Repeat all of the data exactly. Leave nothing out.

----- RECORDED DATA

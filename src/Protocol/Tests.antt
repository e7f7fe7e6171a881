-- ===== src/Protocol/Tests.antt =====
-- The unit tests of the protocol crate, and the theorems at concrete inputs.
use terminald.Base.Int.{pos, negsuc}
use terminald.Base.{
  ◌^◌, [], ◌∷◌, ◌≡◌, ◌↔◌, refl, arith, Bytes, codes, message, context, Result, ok, err, ltb,
  if◌then◌else◌,
}
use terminald.Utf8.{from_utf8_lossy}
use terminald.Protocol.{
  SerdeJson, IsSerdeJson, Resize, IsResize, resize, input, output, error, exited, IsServerMessage,
  decode_client, encode_client, decode_server, encode_server,
}
use terminald.Protocol.Client.{FrameOf, decode_client-encode_client, decode_client_iff}
use terminald.Protocol.Server.{decode_server-encode_server, decode_server-IsServerMessage}

-- A stand-in for `serde_json`: a size is two numbers.
abbrev pub print_size : Resize → Result Bytes
print_size r = ok (r.cols ∷ r.rows ∷ [])

abbrev pub read_size : Bytes → Result Resize
read_size (c ∷ r ∷ []) =
    if ltb c (2 ^ 16)
    then if ltb r (2 ^ 16)
      then ok (record { cols = c; rows = r })
      else err (message "invalid value")
    else err (message "invalid value")
read_size _ = err (message "EOF while parsing an object")

abbrev pub two_numbers : SerdeJson
two_numbers = record { from_slice = read_size; to_vec = print_size }

read_size-range : (s : Bytes) (r : Resize) → read_size s ≡ ok r → IsResize r
read_size-range [] r e = cc
read_size-range (c ∷ []) r e = cc
read_size-range (c ∷ d ∷ []) r e = ground arith
read_size-range (c ∷ d ∷ x ∷ s) r e = cc

read_size-print_size : (r : Resize) → IsResize r → read_size (r.cols ∷ r.rows ∷ []) ≡ ok r
read_size-print_size r h = ground arith

pub two_numbers-IsSerdeJson : IsSerdeJson two_numbers
two_numbers-IsSerdeJson = record {
  prints = λ r h. (r.cols ∷ r.rows ∷ [], refl, read_size-print_size r h);
  reads = read_size-range;
}

abbrev standard : Resize
standard = record { cols = 80; rows = 24 }

decodes_client_input : decode_client two_numbers (1 ∷ b'a' ∷ []) ≡ ok (input (codes "a"))
unfolding decode_client
decodes_client_input = refl

invalid_resize_has_boundary_context :
    decode_client two_numbers (0 ∷ codes "{\"c")
    ≡ err (context "invalid resize payload" (message "EOF while parsing an object"))
unfolding decode_client
invalid_resize_has_boundary_context = refl

encodes_server_messages :
    (encode_server (output (codes "x")) ≡ 2 ∷ codes "x")
    × (encode_server (error (codes "no")) ≡ 3 ∷ codes "no")
    × (encode_server (exited (pos 7)) ≡ 4 ∷ codes "7")
    × (decode_server (4 ∷ codes "-1") ≡ ok (exited (negsuc 0)))
unfolding encode_server decode_server terminald.Decimal.print_ℤ terminald.Decimal.parse_i32
    from_utf8_lossy
encodes_server_messages = (refl, refl, refl, refl)

-- A stray byte becomes U+FFFD, and the text behind it is kept.
lossy_text :
    decode_server (3 ∷ 0xe2 ∷ 0x82 ∷ codes "ok") ≡ ok (error (0xef ∷ 0xbf ∷ 0xbd ∷ codes "ok"))
unfolding decode_server from_utf8_lossy
lossy_text = refl

decode_client-encode_client_example :
    (frame : Bytes) × (encode_client two_numbers (resize standard) ≡ ok frame)
    × (decode_client two_numbers frame ≡ ok (resize standard))
decode_client-encode_client_example =
    decode_client-encode_client two_numbers two_numbers-IsSerdeJson (resize standard) (omega arith)

decode_client_iff_example :
    (decode_client two_numbers (1 ∷ codes "ls") ≡ ok (input (codes "ls")))
    ↔ FrameOf two_numbers (input (codes "ls")) (1 ∷ codes "ls")
decode_client_iff_example = decode_client_iff two_numbers (input (codes "ls")) (1 ∷ codes "ls")

decode_server-encode_server_example :
    decode_server (encode_server (exited (negsuc 0))) ≡ ok (exited (negsuc 0))
decode_server-encode_server_example = decode_server-encode_server (exited (negsuc 0)) (omega arith)

decode_server-IsServerMessage_example : IsServerMessage (exited (negsuc 0))
unfolding decode_server from_utf8_lossy terminald.Decimal.parse_i32
decode_server-IsServerMessage_example =
    decode_server-IsServerMessage (exited (negsuc 0)) (4 ∷ codes "-1") (omega arith) refl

----------

§ **OUTPUT FOR THIS EXERCISE**:
filename src/Protocol/Tests.antt
repository e7f7fe7e6171a881
-- ===== src/Protocol/Tests.antt =====
-- The unit tests of the protocol crate, and the theorems at concrete inputs.
use terminald.Base.Int.{pos, negsuc}
use terminald.Base.{
  ◌^◌, [], ◌∷◌, ◌≡◌, ◌↔◌, refl, arith, Bytes, codes, message, context, Result, ok, err, ltb,
  if◌then◌else◌,
}
use terminald.Utf8.{from_utf8_lossy}
use terminald.Protocol.{
  SerdeJson, IsSerdeJson, Resize, IsResize, resize, input, output, error, exited, IsServerMessage,
  decode_client, encode_client, decode_server, encode_server,
}
use terminald.Protocol.Client.{FrameOf, decode_client-encode_client, decode_client_iff}
use terminald.Protocol.Server.{decode_server-encode_server, decode_server-IsServerMessage}

-- A stand-in for `serde_json`: a size is two numbers.
abbrev pub print_size : Resize → Result Bytes
print_size r = ok (r.cols ∷ r.rows ∷ [])

abbrev pub read_size : Bytes → Result Resize
read_size (c ∷ r ∷ []) =
    if ltb c (2 ^ 16)
    then if ltb r (2 ^ 16)
      then ok (record { cols = c; rows = r })
      else err (message "invalid value")
    else err (message "invalid value")
read_size _ = err (message "EOF while parsing an object")

abbrev pub two_numbers : SerdeJson
two_numbers = record { from_slice = read_size; to_vec = print_size }

read_size-range : (s : Bytes) (r : Resize) → read_size s ≡ ok r → IsResize r
read_size-range [] r e = cc
read_size-range (c ∷ []) r e = cc
read_size-range (c ∷ d ∷ []) r e = ground arith
read_size-range (c ∷ d ∷ x ∷ s) r e = cc

read_size-print_size : (r : Resize) → IsResize r → read_size (r.cols ∷ r.rows ∷ []) ≡ ok r
read_size-print_size r h = ground arith

pub two_numbers-IsSerdeJson : IsSerdeJson two_numbers
two_numbers-IsSerdeJson = record {
  prints = λ r h. (r.cols ∷ r.rows ∷ [], refl, read_size-print_size r h);
  reads = read_size-range;
}

abbrev standard : Resize
standard = record { cols = 80; rows = 24 }

decodes_client_input : decode_client two_numbers (1 ∷ b'a' ∷ []) ≡ ok (input (codes "a"))
unfolding decode_client
decodes_client_input = refl

invalid_resize_has_boundary_context :
    decode_client two_numbers (0 ∷ codes "{\"c")
    ≡ err (context "invalid resize payload" (message "EOF while parsing an object"))
unfolding decode_client
invalid_resize_has_boundary_context = refl

encodes_server_messages :
    (encode_server (output (codes "x")) ≡ 2 ∷ codes "x")
    × (encode_server (error (codes "no")) ≡ 3 ∷ codes "no")
    × (encode_server (exited (pos 7)) ≡ 4 ∷ codes "7")
    × (decode_server (4 ∷ codes "-1") ≡ ok (exited (negsuc 0)))
unfolding encode_server decode_server terminald.Decimal.print_ℤ terminald.Decimal.parse_i32
    from_utf8_lossy
encodes_server_messages = (refl, refl, refl, refl)

-- A stray byte becomes U+FFFD, and the text behind it is kept.
lossy_text :
    decode_server (3 ∷ 0xe2 ∷ 0x82 ∷ codes "ok") ≡ ok (error (0xef ∷ 0xbf ∷ 0xbd ∷ codes "ok"))
unfolding decode_server from_utf8_lossy
lossy_text = refl

decode_client-encode_client_example :
    (frame : Bytes) × (encode_client two_numbers (resize standard) ≡ ok frame)
    × (decode_client two_numbers frame ≡ ok (resize standard))
decode_client-encode_client_example =
    decode_client-encode_client two_numbers two_numbers-IsSerdeJson (resize standard) (omega arith)

decode_client_iff_example :
    (decode_client two_numbers (1 ∷ codes "ls") ≡ ok (input (codes "ls")))
    ↔ FrameOf two_numbers (input (codes "ls")) (1 ∷ codes "ls")
decode_client_iff_example = decode_client_iff two_numbers (input (codes "ls")) (1 ∷ codes "ls")

decode_server-encode_server_example :
    decode_server (encode_server (exited (negsuc 0))) ≡ ok (exited (negsuc 0))
decode_server-encode_server_example = decode_server-encode_server (exited (negsuc 0)) (omega arith)

decode_server-IsServerMessage_example : IsServerMessage (exited (negsuc 0))
unfolding decode_server from_utf8_lossy terminald.Decimal.parse_i32
decode_server-IsServerMessage_example =
    decode_server-IsServerMessage (exited (negsuc 0)) (4 ∷ codes "-1") (omega arith) refl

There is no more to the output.